As an example, I'll walk you through how fileSearch works:
- We hash the file name we're looking for to obtain the Chord ID, and pass it into fileSearch along with our own MemberInfo.
- fileSearch checks if the file is on this computer. If it is, we return the name of the file to the main method, and print that we have the file. If not, we find the closest preceeding machine (let's call it n) in our finger table using the closestPreceeding method, construct a RequestFile message from us to machine n, and return null to main because we forwarded the message.
- The RecieveSocket on machine n receives the RequestMessage. It then calls fileSearch, but instead of passing in itself as the requester, it passes in the sender of the FileRequest message. Again, if the result of fileSearch is null, the RecieveSocket does nothing since the message was forwarded. Otherwise, we construct a new FileRequestResponse, and send it back to the original requester.
- The RecieveSocket of the machine that requested the file gets the FileRequestResponse, and prints that it found the file.
We did not write code for the join or stabilization methods, as this challenge would have added too much complexity for the scope of this project. Since we don't enable typical Chord joins, we preloaded the following topology for testing:
(Note that each machine is assigned a chord ID based on its IP address, and this is a rough representation of what hashes would actually produce).
a - b - c
| |
h d
| |
g - f - e
a's finger table:
2i ID Spaces Away | Machine |
---|---|
0 | b |
1 | c |
2 | e |
b's finger table:
2i ID Spaces Away | Machine |
---|---|
0 | c |
1 | d |
2 | f |
c's finger table:
2i ID Spaces Away | Machine |
---|---|
0 | d |
1 | e |
2 | g |
d's finger table:
2i ID Spaces Away | Machine |
---|---|
0 | e |
1 | f |
2 | h |
e's finger table:
2i ID Spaces Away | Machine |
---|---|
0 | f |
1 | g |
2 | a |
f's finger table:
2i ID Spaces Away | Machine |
---|---|
0 | g |
1 | h |
2 | b |
g's finger table:
2i ID Spaces Away | Machine |
---|---|
0 | h |
1 | a |
2 | c |
h's finger table:
2i ID Spaces Away | Machine |
---|---|
0 | a |
1 | b |
2 | d |
Remotely designing the project and working together was difficult. Chord requires a large supporting class structure that probably should have benefitted from whiteboard design time. Lily's AWS account also froze after the last day of finals since she is a senior.
Figuring out how to compare chord IDs was difficult, especially across the ring's zero. (i.e., if m = 3, then the chord ID space is 2^3 = 8. In this space, 2 could be a successor of 7, but 2 is strictly less than 7.) To deal with this, we wrote a function called "compareChordIds" which determines whether a key is "less than" another key in the chord ID space.
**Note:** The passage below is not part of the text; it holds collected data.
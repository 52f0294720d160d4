-- ===== src/Mgmt/Conn/Reach.antt =====
-- A connection of src/mgmt.c from `mgmt_passive_accept` on, served by the selector, while other
-- connections change the globals between its events.
use tpe2026c1_socks.Users.Table
use tpe2026c1_socks.Mgmt.Conn.Serve.{IsValid}
use tpe2026c1_socks.Mgmt.Conn.{mgmt_read, mgmt_write, MgmtConn, mgmt_new}
use tpe2026c1_socks.Mgmt.Conn.Safe.{Goes}
use tpe2026c1_socks.Mgmt.Process.{Shared}
use tpe2026c1_socks.Net.{RecvFits, RecvResult, SendFits, SendResult}
use tpe2026c1_socks.Prelude.{Option, false, some, some_inj, sym, true, ◌-◌, ◌∙◌, ◌≡◌, subst}
use tpe2026c1_socks.Mgmt.Conn.Handlers.{mgmt_new-IsValid, mgmt_read_lem, mgmt_write_lem}

-- What the selector calls a handler for, with the result of its `recv` or `send`.
pub data Ready : Type 0 where
  readable : RecvResult → Ready
  writable : SendResult → Ready

unfoldable pub handle : MgmtConn → Shared → Ready → Option (MgmtConn × Shared)
handle c g (readable r) = mgmt_read c g r
handle c g (writable r) = mgmt_write c g r

-- The selector calls the handler that the interest names, and the kernel keeps its promise.
abbrev pub Enabled : MgmtConn → Ready → Type 0
Enabled c (readable r) = (c.interest.op_read ≡ true) × RecvFits (c.rbuf.limit - c.rbuf.write) r
Enabled c (writable r) = (c.interest.op_write ≡ true) × SendFits (c.wbuf.write - c.wbuf.read) r

pub data Reaches : MgmtConn → Shared → Type 0 where
  accepted : {g : Shared} → Table.IsValid g.users → Reaches mgmt_new g
  meanwhile :
      {c : MgmtConn} {g : Shared} (g' : Shared)
      → Table.IsValid g'.users
      → Reaches c g
      → Reaches c g'
  served :
      {c c' : MgmtConn} {g g' : Shared} (e : Ready)
      → c.closed ≡ false
      → Enabled c e
      → handle c g e ≡ some (c', g')
      → Reaches c g
      → Reaches c' g'

handle-Goes :
    (c : MgmtConn) (g : Shared) (e : Ready) → IsValid c g → Enabled c e → Goes c g (handle c g e)
unfolding handle
handle-Goes c g (readable r) v h = mgmt_read_lem c g r v h.1
handle-Goes c g (writable r) v h = mgmt_write_lem c g r v h.0 h.1

other_globals :
    {c : MgmtConn} {g : Shared} (g' : Shared) → Table.IsValid g'.users → IsValid c g → IsValid c g'
other_globals g' u v = record {
  rbuf = v.rbuf;
  wbuf = v.wbuf;
  rlimit = v.rlimit;
  wlimit = v.wlimit;
  users = u;
  phase = v.phase;
}

Reaches-IsValid : {c : MgmtConn} {g : Shared} → Reaches c g → IsValid c g
Reaches-IsValid (accepted {g} u) = mgmt_new-IsValid g u
Reaches-IsValid (meanwhile g' u r) = other_globals g' u (Reaches-IsValid r)
Reaches-IsValid (served {c} {c'} {g} {g'} e running h q r) =
    let (d, f, same, v, _) = handle-Goes c g e (Reaches-IsValid r) h in
    let both : (d, f) ≡ (c', g') = some_inj (sym same ∙ q) in subst (λ t. IsValid t.0 t.1) both v

-- On every connection that is reached, the next handler that the selector may call does not abort;
-- it leaves a connection with sound buffers and flags and a valid table of users, and it changes
-- the globals only if the connection had authenticated.
pub Reaches-Goes :
    {c : MgmtConn} {g : Shared} (e : Ready) → Reaches c g → Enabled c e → Goes c g (handle c g e)
Reaches-Goes {c} {g} e r h = handle-Goes c g e (Reaches-IsValid r) h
There were several ways to approach hardcoding the topology. We could have just loaded the finger tables with selected machines and assigned Chord IDs to fit. We chose a method that was slightly closer to how a full Chord implementation would work. When a ring member is started, it's given a list of all of the other members of the ring. From this list, the machine hashes Chord IDs and then chooses its successor, predecessor, and finger table entries by making Chord ID comparisons. Even though the member is given a full list of its neighbors, it does not store this list, as its only purpose is to be available for the machine to cut down into just information deemed essential by Chord. In this manner we work around the lack of joins in our implementation while still seeing what a true implementation's finger tables might look like.
One interesting challenge that we encountered was how our initial difficulties with Chord ID comparison affected the finger tables, file search, and file addition. If we didn't compare Chord IDs correctly, our finger table would end up with lots of null entries, which would cut down on the efficiency of file search and addition, since it would be harder for a machine to get a message to the correct machine. This would actually cause message bouncing in some cases. Figuring out how to do modulus number comparison was one of the most important problems to getting Chord to work.